The main drawback in this challenge would be to deal with the noise. To do that, we could create some feature that aggregate features with some statistics.

The following cell computes statistics on a given target conditionally to some features. For example, we want to generate a feature that describe the mean of RET_1 conditionally to the SECTOR and the DATE.

Ideas of improvement: change shifts, the conditional features, the statistics, and the target.

In [14]:
# Feature engineering
new_features = []

# Conditional aggregated features
shifts = [1]  # Choose some different shifts
statistics = ['mean']  # the type of stat
gb_features = ['SECTOR', 'DATE']
target_feature = 'RET'
tmp_name = '_'.join(gb_features)
for shift in shifts:
    for stat in statistics:
        name = f'{target_feature}_{shift}_{tmp_name}_{stat}'
        feat = f'{target_feature}_{shift}'
        new_features.append(name)
        for data in [train, test]:
            data[name] = data.groupby(gb_features)[feat].transform(stat)

Feature selection

To reduce the number of feature (and the noise) we only consider the 5 last days of RET and VOLUME in addition to the newly created feature.

In [15]:
target = 'RET'

n_shifts = 5  # If you don't want all the shifts to reduce noise
features = ['RET_%d' % (i + 1) for i in range(n_shifts)]
features += ['VOLUME_%d' % (i + 1) for i in range(n_shifts)]
features += new_features  # The conditional features
train[features].head()
Out[15]:
RET_1 RET_2 RET_3 RET_4 RET_5 VOLUME_1 VOLUME_2 VOLUME_3 VOLUME_4 VOLUME_5 RET_1_SECTOR_DATE_mean
ID
0 -0.015748 -0.015504 0.010972 -0.014672 0.016483 0.147931 0.179183 0.033832 -0.362868 -0.972920 0.009178
1 0.003984 -0.090580 0.018826 -0.025540 -0.038062 NaN NaN NaN NaN NaN 0.006477
2 0.000440 -0.058896 -0.009042 0.024852 0.009354 -0.096282 0.084771 -0.298777 -0.157421 0.091455 0.013449
3 0.031298 0.007756 -0.004632 -0.019677 0.003544 -0.429540 -0.089919 -0.639737 -0.940163 -0.882464 0.017253
4 0.027273 -0.039302 0.000000 0.000000 0.022321 -0.847155 -0.943033 -1.180629 -1.313896 -1.204398 0.006241

Model and local score

A Random Forest (RF) model is chosen for the Benchmark. We consider a large number of tree with a quiet small depth. The missing values are simply filled with 0. A KFold is done on the dates (using DATE) for a local scoring of the model.

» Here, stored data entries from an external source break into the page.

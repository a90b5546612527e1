-- ===== src/Sdk/Connect.antt =====
-- packages/sdk/src/connect.ts: the popup's gate. viem's tests of texts and the platform's URL parser
-- are parameters.
pub mod Gate
pub mod Popup
pub mod RoundTrip
mod Tests
use vera_key.Prelude.{
  ℕ, ◌^◌, String, Bool, true, false, not, ◌&&◌, ◌||◌, Option, none, some, ltb, leb, nat_beq, ◌==◌,
  if◌then◌else◌,
}
use vera_key.Prelude.Text.{ℤ, pos, negsuc, big_int}
use vera_key.Sdk.Values.{
  Value, text, number, undefined, null, other, object, Fields, property, is_text, equals_text,
  length16, is_amount,
}

pub record Url : Type 0 where
  pub origin : String
  pub protocol : String
  pub hostname : String

pub record Platform : Type 0 where
  pub is_address : String → Bool
  pub is_hex : String → Bool
  -- `new URL(text)`; `none` is the exception.
  pub parse_url : String → Option Url

abbrev pub connect_protocol : String
connect_protocol = "verakey-connect"

pub data ConnectRequest : Type 0 where
  sign_in : (id nonce : String) → ConnectRequest
  pay : (id to amount : String) (account : Option String) → ConnectRequest

abbrev pub is_one : Value → Bool
is_one (number n) = nat_beq n 1
is_one _ = false

unfoldable pub is_envelope : Value → Bool
is_envelope (object fs) =
    equals_text (property "protocol" fs) connect_protocol
    && is_one (property "version" fs)
    && is_text (property "type" fs)
is_envelope _ = false

abbrev pub is_allowed_url : String → Option Url → Bool
is_allowed_url origin none = false
is_allowed_url origin (some url) =
    url.origin == origin
    && (url.protocol == "https:"
        || (url.protocol == "http:"
            && (url.hostname == "localhost" || url.hostname == "127.0.0.1")))

unfoldable pub is_allowed_requester_origin : Platform → String → Bool
is_allowed_requester_origin p origin = is_allowed_url origin (p.parse_url origin)

abbrev pub max_amount : ℕ
max_amount = 2 ^ 128

-- `BigInt(amount) >= MAX_AMOUNT`, for a text of digits.
abbrev pub too_much : Option ℤ → Bool
too_much (some (pos n)) = leb max_amount n
too_much _ = false

unfoldable pub is_bytes32 : Platform → String → Bool
is_bytes32 p s = p.is_hex s && nat_beq (length16 s) 66

unfoldable pub parse_sign_in : Platform → String → Value → Option ConnectRequest
parse_sign_in p id (text nonce) = if is_bytes32 p nonce then some (sign_in id nonce) else none
parse_sign_in p id _ = none

-- The account is left out, or is an address.
unfoldable pub parse_account : Platform → (id to amount : String) → Value → Option ConnectRequest
parse_account p id to amount undefined =
    if too_much (big_int amount) then none else some (pay id to amount none)
parse_account p id to amount (text account) =
    if p.is_address account && not (too_much (big_int amount))
    then some (pay id to amount (some account))
    else none
parse_account p id to amount _ = none

unfoldable pub parse_pay : Platform → String → (to amount account : Value) → Option ConnectRequest
unfolding parse_account
parse_pay p id (text to) (text amount) account =
    if p.is_address to && is_amount amount then parse_account p id to amount account else none
parse_pay p id _ _ account = none

unfoldable pub parse_method : Platform → String → Value → Fields → Option ConnectRequest
unfolding parse_sign_in parse_pay
parse_method p id (text method) params =
    if method == "signIn"
    then parse_sign_in p id (property "nonce" params)
    else if method == "pay"
    then parse_pay p id (property "to" params) (property "amount" params)
        (property "account" params)
    else none
parse_method p id _ params = none

unfoldable pub parse_fields : Platform → (id method params : Value) → Option ConnectRequest
unfolding parse_method
parse_fields p (text id) method (object params) =
    if nat_beq (length16 id) 0 || ltb 64 (length16 id)
    then none
    else parse_method p id method params
parse_fields p _ method _ = none

unfoldable pub parse_request : Platform → Value → Option ConnectRequest
unfolding parse_fields
parse_request p (object fs) =
    parse_fields p (property "id" fs) (property "method" fs) (property "params" fs)
parse_request p _ = none

-- Windows are numbered; `none` is null.
pub record Event : Type 0 where
  pub source : Option ℕ
  pub origin : String
  pub message : Value

pub record GateState : Type 0 where
  pub opener : Option ℕ
  pub handled : Bool

pub data RejectCode : Type 0 where
  origin busy request : RejectCode

pub data RequestVerdict : Type 0 where
  ignore : RequestVerdict
  reject : (to id : String) → RejectCode → RequestVerdict
  accept : (from : String) → ConnectRequest → RequestVerdict

abbrev pub same_window : Option ℕ → Option ℕ → Bool
same_window (some a) (some b) = nat_beq a b
same_window _ _ = false

abbrev pub message_field : String → Value → Value
message_field name (object fs) = property name fs
message_field name _ = undefined

abbrev pub id_of : Value → String
id_of (text s) = s
id_of _ = ""

abbrev pub verdict_of : String → String → Option ConnectRequest → RequestVerdict
verdict_of from id none = reject from id request
verdict_of from id (some r) = accept from r

-- An answer's message text is left out; it says what the code says.
unfoldable pub accept_request : Platform → Event → GateState → RequestVerdict
accept_request p e s =
    if not (same_window e.source s.opener)
      || not (is_envelope e.message)
      || not (equals_text (message_field "type" e.message) "request")
    then ignore
    else if not (is_allowed_requester_origin p e.origin)
    then reject e.origin (id_of (message_field "id" e.message)) origin
    else if s.handled
    then reject e.origin (id_of (message_field "id" e.message)) busy
    else verdict_of e.origin (id_of (message_field "id" e.message)) (parse_request p e.message)
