-- ===== src/Sdk/Viem.antt =====
-- What the SDK takes from viem and from the browser: hashes, ABI encoding, tests of texts, JSON.
use vera_key.Prelude.{
  ℕ, String, Bool, true, false, Option, none, some, List, nat_beq, if◌then◌else◌,
}
use vera_key.Sdk.Values.{Value, text, array, number, Items, empty, item}
use vera_key.Sdk.Connect.{Platform}

-- A value that `encodeAbiParameters` writes, with its type.
pub data AbiValue : Type 0 where
  bytes32 : String → AbiValue
  address : String → AbiValue
  bool : Bool → AbiValue
  uint : (bits n : ℕ) → AbiValue

pub record Viem : Type 0 where
  pub platform : Platform
  -- Whether isAddress throws on a value that is not a text; otherwise it answers false.
  pub is_address_throws : Value → Bool
  pub hex_to_bytes : String → List ℕ
  pub bytes_to_hex : List ℕ → String
  -- `toHex(n, { size })`
  pub to_hex : (size n : ℕ) → String
  pub string_to_hex : String → String
  pub concat : List String → String
  pub keccak256 : String → String
  pub encode_abi : List AbiValue → String
  -- getContractAddress for CREATE2: the sender, the salt, the bytecode
  pub create2 : (sender salt bytecode : String) → String
  -- crypto.subtle's SHA-256
  pub sha256 : List ℕ → List ℕ
  -- `JSON.parse(new TextDecoder().decode(bytes))`; `none` is an exception.
  pub parse_json : List ℕ → Option Value

-- `isHex(value)`, which is false of anything but a text.
abbrev pub is_hex : Viem → Value → Bool
is_hex v (text s) = v.platform.is_hex s
is_hex v _ = false

abbrev pub is_address : Viem → Value → Option Bool
is_address v (text s) = some (v.platform.is_address s)
is_address v x = if v.is_address_throws x then none else some false

-- The text of a value that a test before found to be one, and likewise below.
abbrev pub text_of : Value → String
text_of (text s) = s
text_of _ = ""

abbrev pub number_of : Value → ℕ
number_of (number n) = n
number_of _ = 0

abbrev pub items_of : Value → Items
items_of (array vs) = vs
items_of _ = empty

abbrev pub length_items : Items → ℕ
length_items empty = 0
length_items (item v vs) = Prim.Native.Nat.suc (length_items vs)

-- `Array.isArray(value) && value.length === n`
abbrev pub is_array_of : ℕ → Value → Bool
is_array_of n (array vs) = nat_beq (length_items vs) n
is_array_of n _ = false

-- `a && b` of tests that may throw: `b` is asked only when `a` is true.
abbrev pub and_then : Option Bool → Option Bool → Option Bool
and_then none b = none
and_then (some false) b = some false
and_then (some true) b = b
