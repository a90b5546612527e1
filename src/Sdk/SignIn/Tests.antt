-- ===== src/Sdk/SignIn/Tests.antt =====
-- packages/sdk/src/server.ts, the sign-in route at concrete requests.
use vera_key.Prelude.{◌≡◌, ◌≢◌, refl, String, true, List, [], ◌∷◌, none, some, nat_beq, arith}
use vera_key.Prelude.Text.{big_int, lower}
use vera_key.Collections.Map
use vera_key.Sdk.Values.{
  Value, text, object, end, field, property, length16, is_digits, digits_up_to,
}
use vera_key.Sdk.Connect.{Platform, is_bytes32}
use vera_key.Sdk.MemoryStore.{claim, tidy}
use vera_key.Sdk.Session.{Player}
use vera_key.Sdk.Payment.{ok, refuse}
use vera_key.Sdk.Sessions.SignOut.{Claim, claim_all}
use vera_key.Sdk.SignIn.{NonceCookie, read_nonce, Site, sign_in}
use vera_key.Sdk.SignIn.Replay.{IsSignedIn, sign_in-IsSignedIn, sign_in-replay}

abbrev platform : Platform
platform = record {
  is_address = λ s. nat_beq (length16 s) 4;
  is_hex = λ s. true;
  parse_url = λ s. none;
}

abbrev player : Player
player = record { id = "0x01"; account = "0xac" }

abbrev site : Site
site = record {
  platform = platform;
  verify_sign_in = λ result nonce.
      ok (record { valid = true; player_id = some "0x01"; account = some "0xac"; checks = [] });
  on_sign_in = λ p. none;
}

abbrev nonce : String
nonce = "0x1111111111111111111111111111111111111111111111111111111111111111"

abbrev cookie : NonceCookie
cookie = record { nonce = nonce; expires_at = "301" }

abbrev result : Value
result = object (field "statement" (object (field "nonce" (text nonce) end)) end)

route : Unit {0}
unfolding sign_in read_nonce is_bytes32 is_digits digits_up_to property length16 big_int lower claim
    tidy Map.get Map.set claim_all
route = tt

sign_in-player : (sign_in site result (some cookie) 5000 []).0 ≡ ok player
unfolding route
sign_in-player = refl

sign_in_tests :
    ((sign_in site result (some cookie) 6000 (sign_in site result (some cookie) 5000 []).1).0
      ≡ refuse 409 "This sign-in was already used.")
    × ((sign_in site result (some cookie) 301000 []).0
        ≡ refuse 403 "This browser has no current sign-in request: sign in again.")
unfolding route
sign_in_tests = (refl, refl)

sign_in-IsSignedIn_example : IsSignedIn site result (some cookie) 5000 [] player
sign_in-IsSignedIn_example =
    sign_in-IsSignedIn site result (some cookie) 5000 [] player sign_in-player

abbrev later_claims : List Claim
later_claims = record { key = "payment:0x5eed"; ttl = none; now = 5500 } ∷ []

sign_in-replay_example :
    (sign_in site result
      (some cookie)
      6000
      (claim_all later_claims (sign_in site result (some cookie) 5000 []).1)).0
    ≢ ok player
unfolding big_int
sign_in-replay_example =
    sign_in-replay site result result cookie 5000 6000 [] later_claims player tt (omega arith)
      sign_in-player (omega arith, omega arith) player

Ideas of improvements: Tune the RF hyperparameters, deal with the missing values, change the features, consider another model, ...

In [16]:
X_train = train[features]
y_train = train[target]

# A quiet large number of trees with low depth to prevent overfits
rf_params = {
    'n_estimators': 500,
    'max_depth': 2**3,
    'random_state': 0,
    'n_jobs': -1
}

train_dates = train['DATE'].unique()
test_dates = test['DATE'].unique()

n_splits = 4
scores = []
models = []

splits = KFold(n_splits=n_splits, random_state=0,
               shuffle=True).split(train_dates)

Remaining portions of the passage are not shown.